Experienced and enthusiastic Consultant with a proven track record of success in various industries. Possessing exceptional interpersonal, problem-solving, and analytical skills, I provide valuable advice and expertise to client organizations, driving improvements in business performance. Experienced leader with a strong background in guiding teams, managing complex projects, and achieving strategic objectives. Expertise lies in developing efficient processes, ensuring high standards, and aligning efforts with organizational goals. Known for collaborative approach and unwavering commitment to excellence. Versatile skills in project management, problem-solving, and collaboration bring a fresh perspective and a strong dedication to quality and success. Adaptability and proactive approach recognized for delivering effective solutions.
Pyspark
Developed and implemented 21 key performance indicators (KPIs) to streamline business reporting and retailer billing, ensuring precise and timely data delivery. KPIs were presented in multiple time frames such as Month to Date, Last Month to Date, File to Date, and Last to Last Month to Date, leveraging CSV files for efficient reporting. Enhanced data processing performance through optimization techniques, including Adaptive Query Execution (AQE), partitioning, and predicate pushdown. Utilized performance tuning best practices by eliminating unnecessary actions, optimizing executor configurations, and adjusting driver settings. Delivered KPIs on a D-1 basis, facilitating timely, data-driven decision-making.
Successfully migrated critical billing data reporting from on-premises systems to Azure Data Factory (ADF) to ensure accurate, error-free compliance reporting for ASP-GSP. Consolidated billing data from various streams and circles on a monthly and daily basis, with reports for VBS and NON-VBS pushed to the ASP portal for final reporting. Addressed key challenges around scheduling and triggering processes based on data availability from the EBPP system. Developed master scripts to automate the trigger process, ensuring data is only processed when available, and skipping unnecessary steps to accommodate varying billing cycles across different circles.
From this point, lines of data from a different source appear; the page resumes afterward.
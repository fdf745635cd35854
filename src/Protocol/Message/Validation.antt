-- ===== src/Protocol/Message/Validation.antt =====
-- internal/protocol/message.go: what ValidateMessage accepts.
use goxfer.Base.{
  ◌≡◌, ◌↔◌, refl, ap, ◌∙◌, false, [], ◌∷◌, Text, text_eq, text_eq_iff, is_empty, is_negative, arith,
  ok, Bool-cases, inl, inr, ◌≢◌,
}
use goxfer.Protocol.Message.{
  Message, type_file_start, type_file_chunk, type_file_complete, type_file_checksum,
  type_file_resume, type_ready, below_minus_one, validate_message, validate_as,
}

-- The messages that the protocol allows, by kind.
pub data IsValid (m : Message) : Type 0 where
  start :
      m.kind ≡ type_file_start
      → m.file_id ≢ []
      → m.name ≢ []
      → below_minus_one m.size ≡ false
      → IsValid m
  chunk : m.kind ≡ type_file_chunk → m.file_id ≢ [] → is_negative m.index ≡ false → IsValid m
  complete : m.kind ≡ type_file_complete → m.file_id ≢ [] → IsValid m
  checksum : m.kind ≡ type_file_checksum → m.file_id ≢ [] → m.checksum ≢ [] → IsValid m
  resume : m.kind ≡ type_file_resume → m.file_id ≢ [] → is_negative m.offset ≡ false → IsValid m
  ready : m.kind ≡ type_ready → IsValid m

is_empty_ne : (t : Text) → t ≢ [] → is_empty t ≡ false
is_empty_ne [] h = absurd (h refl)
is_empty_ne (c ∷ t) h = refl

ne_of_is_empty : (t : Text) → is_empty t ≡ false → t ≢ []
ne_of_is_empty [] h = λ _. cc
ne_of_is_empty (c ∷ t) h = λ e. cc

IsValid-validate_message : (m : Message) → IsValid m → validate_message m ≡ ok tt
unfolding validate_message text_eq
IsValid-validate_message m (start k i n s) =
    ap (λ k. validate_as k m) k ∙ ground (arith, is_empty_ne m.file_id i, is_empty_ne m.name n)
IsValid-validate_message m (chunk k i n) =
    ap (λ k. validate_as k m) k ∙ ground (arith, is_empty_ne m.file_id i)
IsValid-validate_message m (complete k i) =
    ap (λ k. validate_as k m) k ∙ ground (arith, is_empty_ne m.file_id i)
IsValid-validate_message m (checksum k i c) =
    ap (λ k. validate_as k m) k ∙ ground (arith, is_empty_ne m.file_id i, is_empty_ne m.checksum c)
IsValid-validate_message m (resume k i n) =
    ap (λ k. validate_as k m) k ∙ ground (arith, is_empty_ne m.file_id i)
IsValid-validate_message m (ready k) = ap (λ k. validate_as k m) k

-- Each case of the switch hands on what its test found.
validate_as-IsValid : (k : Text) (m : Message) → m.kind ≡ k → validate_as k m ≡ ok tt → IsValid m
unfolding validate_as
validate_as-IsValid k m e h = elim (Bool-cases (text_eq k type_file_start)) [
  | inl a ↦
      start (e ∙ (text_eq_iff _ _).0 a) (ne_of_is_empty _ (ground arith))
        (ne_of_is_empty _ (ground arith)) (ground arith)
  | inr a ↦ elim (Bool-cases (text_eq k type_file_chunk)) [
    | inl b ↦ chunk (e ∙ (text_eq_iff _ _).0 b) (ne_of_is_empty _ (ground arith)) (ground arith)
    | inr b ↦ elim (Bool-cases (text_eq k type_file_complete)) [
      | inl c ↦ complete (e ∙ (text_eq_iff _ _).0 c) (ne_of_is_empty _ (ground arith))
      | inr c ↦ elim (Bool-cases (text_eq k type_file_checksum)) [
        | inl d ↦
            checksum (e ∙ (text_eq_iff _ _).0 d) (ne_of_is_empty _ (ground arith))
              (ne_of_is_empty _ (ground arith))
        | inr d ↦ elim (Bool-cases (text_eq k type_file_resume)) [
          | inl f ↦
              resume (e ∙ (text_eq_iff _ _).0 f) (ne_of_is_empty _ (ground arith)) (ground arith)
          | inr f ↦ ready (e ∙ (text_eq_iff _ _).0 (ground arith))
        ]
      ]
    ]
  ]
]

-- ValidateMessage accepts the messages that the protocol allows, by the cases of IsValid, and no
-- others.
pub validate_message-eq-ok_iff : (m : Message) → (validate_message m ≡ ok tt) ↔ IsValid m
unfolding validate_message
validate_message-eq-ok_iff m = (validate_as-IsValid m.kind m refl, IsValid-validate_message m)
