-- ===== src/Protocol/Message/RoundTrip.antt =====
-- internal/protocol/message.go: messages survive EncodeMessage and DecodeMessage.
use goxfer.Base.{
  suc, zero, ◌≡◌, ◌↔◌, refl, sym, ◌∙◌, Bool, true, false, [], ◌∷◌, some, Bytes, Text, codes, ℤ, pos,
  negsuc, is_int64, arith, ok, Option-cases, inl, inr,
}
use goxfer.Protocol.Message.Validation.{IsValid, validate_message-eq-ok_iff}
use goxfer.Json.{
  Json, JsonObject, JsonText, text, names_field, omit_empty, omit_zero, omit_false, set_fields,
  set_fields-append, set_fields-none, set_fields-some, is_utf8_object,
}
use goxfer.Protocol.Message.{
  Message, zero_message, validate_message, marshal_message, set_message_field, unmarshal_message,
  encode_message, decode_message,
}

set_fields-file_id :
    (m : Message) (t : Text)
    → set_fields set_message_field (omit_empty (codes "file_id") t) (record m { file_id = [] })
      ≡ some (record m { file_id = t })
unfolding set_fields set_message_field names_field
set_fields-file_id m [] = refl
set_fields-file_id m (c ∷ t) = refl

set_fields-name :
    (m : Message) (t : Text)
    → set_fields set_message_field (omit_empty (codes "name") t) (record m { name = [] })
      ≡ some (record m { name = t })
unfolding set_fields set_message_field names_field
set_fields-name m [] = refl
set_fields-name m (c ∷ t) = refl

set_fields-size :
    (m : Message) (z : ℤ)
    → is_int64 z ≡ true
    → set_fields set_message_field (omit_zero (codes "size") z) (record m { size = pos 0 })
      ≡ some (record m { size = z })
unfolding set_fields set_message_field names_field
set_fields-size m (pos zero) h = refl
set_fields-size m (pos (suc n)) h = ground arith
set_fields-size m (negsuc n) h = ground arith

set_fields-index :
    (m : Message) (z : ℤ)
    → is_int64 z ≡ true
    → set_fields set_message_field (omit_zero (codes "index") z) (record m { index = pos 0 })
      ≡ some (record m { index = z })
unfolding set_fields set_message_field names_field
set_fields-index m (pos zero) h = refl
set_fields-index m (pos (suc n)) h = ground arith
set_fields-index m (negsuc n) h = ground arith

set_fields-checksum :
    (m : Message) (t : Text)
    → set_fields set_message_field (omit_empty (codes "checksum") t) (record m { checksum = [] })
      ≡ some (record m { checksum = t })
unfolding set_fields set_message_field names_field
set_fields-checksum m [] = refl
set_fields-checksum m (c ∷ t) = refl

set_fields-resume :
    (m : Message) (b : Bool)
    → set_fields set_message_field (omit_false (codes "resume") b) (record m { resume = false })
      ≡ some (record m { resume = b })
unfolding set_fields set_message_field names_field
set_fields-resume m false = refl
set_fields-resume m true = refl

set_fields-offset :
    (m : Message) (z : ℤ)
    → is_int64 z ≡ true
    → set_fields set_message_field (omit_zero (codes "offset") z) (record m { offset = pos 0 })
      ≡ some (record m { offset = z })
unfolding set_fields set_message_field names_field
set_fields-offset m (pos zero) h = refl
set_fields-offset m (pos (suc n)) h = ground arith
set_fields-offset m (negsuc n) h = ground arith

-- The three numbers of a message are Go integers.
pub record IsSized (m : Message) : Type 0 where
  pub size : is_int64 m.size ≡ true
  pub index : is_int64 m.index ≡ true
  pub offset : is_int64 m.offset ≡ true

-- A message without its chunk, which is sent in a frame of its own.
abbrev pub without_chunk : Message → Message
without_chunk m = record m { chunk = [] }

-- The fields of zero_message after the first few of `m` have been read.
abbrev upto_id : Message → Message
upto_id m = record zero_message { kind = m.kind; file_id = m.file_id }

abbrev upto_size : Message → Message
upto_size m = record zero_message {
  kind = m.kind;
  file_id = m.file_id;
  name = m.name;
  size = m.size;
}

abbrev upto_checksum : Message → Message
upto_checksum m = record (upto_size m) { index = m.index; checksum = m.checksum }

set_fields-kind :
    (k : Text) (o : JsonObject)
    → set_fields set_message_field ((codes "type", text k) ∷ o) zero_message
      ≡ set_fields set_message_field o (record zero_message { kind = k })
unfolding set_fields set_message_field names_field
set_fields-kind k o = refl

unmarshal_message-marshal_message :
    (m : Message) → IsSized m → unmarshal_message (marshal_message m) ≡ some (without_chunk m)
unfolding unmarshal_message marshal_message
unmarshal_message-marshal_message m sized =
    set_fields-kind m.kind _
    ∙ set_fields-append set_message_field (omit_empty (codes "file_id") m.file_id) _ _
        (set_fields-file_id (upto_id m) m.file_id)
    ∙ set_fields-append set_message_field (omit_empty (codes "name") m.name) _ _
        (set_fields-name (record (upto_size m) { size = pos 0 }) m.name)
    ∙ set_fields-append set_message_field (omit_zero (codes "size") m.size) _ _
        (set_fields-size (upto_size m) m.size sized.size)
    ∙ set_fields-append set_message_field (omit_zero (codes "index") m.index) _ _
        (set_fields-index (record (upto_size m) { index = m.index }) m.index sized.index)
    ∙ set_fields-append set_message_field (omit_empty (codes "checksum") m.checksum) _ _
        (set_fields-checksum (upto_checksum m) m.checksum)
    ∙ set_fields-append set_message_field (omit_false (codes "resume") m.resume) _ _
        (set_fields-resume (record (upto_checksum m) { resume = m.resume }) m.resume)
    ∙ set_fields-offset (record m { chunk = [] }) m.offset sized.offset

-- No key of a JSON object reaches the chunk.
set_message_field-chunk :
    (k : Text) (v : Json) (m : Message) {n : Message}
    → set_message_field k v m ≡ some n
    → n.chunk ≡ m.chunk
unfolding set_message_field
set_message_field-chunk k v m h = ground arith

set_fields-chunk :
    (o : JsonObject) (m : Message) {n : Message}
    → set_fields set_message_field o m ≡ some n
    → n.chunk ≡ m.chunk
unfolding set_fields
set_fields-chunk [] m h = ground arith
set_fields-chunk ((k, v) ∷ o) m h = elim (Option-cases (set_message_field k v m)) [
  | inl e ↦ cc (sym (set_fields-none set_message_field k v o m e) ∙ h)
  | inr (m', e) ↦
      set_fields-chunk o m' (sym (set_fields-some set_message_field k v o m e) ∙ h)
      ∙ set_message_field-chunk k v m e
]

pub validate_message-without_chunk :
    (m : Message) → validate_message (without_chunk m) ≡ validate_message m
unfolding validate_message
validate_message-without_chunk m = refl

module _ (J : JsonText) where
  encode_message-eq-ok :
      (m : Message) {payload : Bytes}
      → encode_message J m ≡ ok payload
      → (validate_message m ≡ ok tt) × (J.print (marshal_message m) ≡ payload)
  unfolding encode_message
  encode_message-eq-ok m h = ground arith

  decode_message-eq-ok :
      (payload : Bytes) {m : Message}
      → decode_message J payload ≡ ok m
      → (o : JsonObject) × (unmarshal_message o ≡ some m) × (validate_message m ≡ ok tt)
  unfolding decode_message
  decode_message-eq-ok payload h = elim (Option-cases (J.parse payload)) [
    | inl e ↦ absurd (ground arith)
    | inr (o, e) ↦ (o, ground arith, ground arith)
  ]

  -- What EncodeMessage made of a message, DecodeMessage reads back, all but the chunk; for
  -- messages whose texts are UTF-8 and whose numbers are 64-bit integers.
  pub decode_message-encode_message :
      (m : Message) (payload : Bytes)
      → IsSized m
      → is_utf8_object (marshal_message m) ≡ true
      → encode_message J m ≡ ok payload
      → decode_message J payload ≡ ok (without_chunk m)
  unfolding decode_message
  decode_message-encode_message m payload sized utf8 h =
      let (v, p) = encode_message-eq-ok m h in
      ground (
        arith,
        J.parse-print (marshal_message m) utf8,
        unmarshal_message-marshal_message m sized,
        validate_message-without_chunk m,
      )

  -- EncodeMessage gives a payload for a message exactly if the message is valid.
  pub encode_message-eq-ok_iff :
      (m : Message) → ((payload : Bytes) × (encode_message J m ≡ ok payload)) ↔ IsValid m
  unfolding encode_message
  encode_message-eq-ok_iff m = (
    λ (p, e). (validate_message-eq-ok_iff m).0 (ground arith),
    λ v. (J.print (marshal_message m), ground (arith, (validate_message-eq-ok_iff m).1 v)),
  )

  -- Whatever DecodeMessage returns without an error is a valid message, and has no chunk.
  pub decode_message-IsValid :
      (payload : Bytes) (m : Message) → decode_message J payload ≡ ok m → IsValid m × (m.chunk ≡ [])
  unfolding unmarshal_message
  decode_message-IsValid payload m h =
      let (o, u, v) = decode_message-eq-ok payload h in
      ((validate_message-eq-ok_iff m).0 v, set_fields-chunk o zero_message u)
Project scope is to ingest and integrate four extracts from upstream system and send 6 extracts to the downstream systems PSGL and one extract to FDW by applying required transformation and integrate all 4 extracts to Data warehouse enterprise tables. As part of this project, we have developed Pyspark jobs and shell scripts and Airflow Dag’s and prepared required SQLs to unit test the Data. In this project we are using ELT concept where will stage all the Data into four staging tables while loading these tables, we have used various checks to make sure the complete data flown to staging tables like duplicate file check, reject data check, tagging values check and trigger file to stage validation check related to count and amounts. For PSGL requirement, we have extracted the data from staging layer and loaded into work table with A side and B side separately, then applied requirement transformations like grouping on segment/Business unit wise and prepared header, trailer and line records and send it out to downstream application PSGL through Electronic communication gateway. For Integration requirement, loaded data into source repository (where will preserve history) and then created required surrogate keys to uniquely identify the records, loaded into common format layer using required transformations including ETL load indicator to identify is it an insert or update record, loaded into Base tables and performed a check on monetary amount between Base and source repository to make sure no data loss. Created Subledger view which is user facing view which will be exposed to user is built on top of the 3NF enterprise tables to make a Flattened view. Applied certain roles to the PSGL report views to make it accessible to user for read-only purpose.
Project scope is to eliminate the DataStage processing for data acquisition process and decrease the data availability time into the staging area and reduce the TCO. For this purpose, we have developed UDW Lake DA framework. Spark Framework can be able to pick the file from lake environment and after doing basic control checks can load into Teradata DB. Spark jobs are designed in such a way that in order to ingest new file format, we can prepare new config and use the existing spark common job, due to this capability the time taken for developing/ingesting new files were took less time and at the same time increased quality.
Azure Fundamentals ( AZ -900 )
Received various recognition and awards for the quality of projects delivered.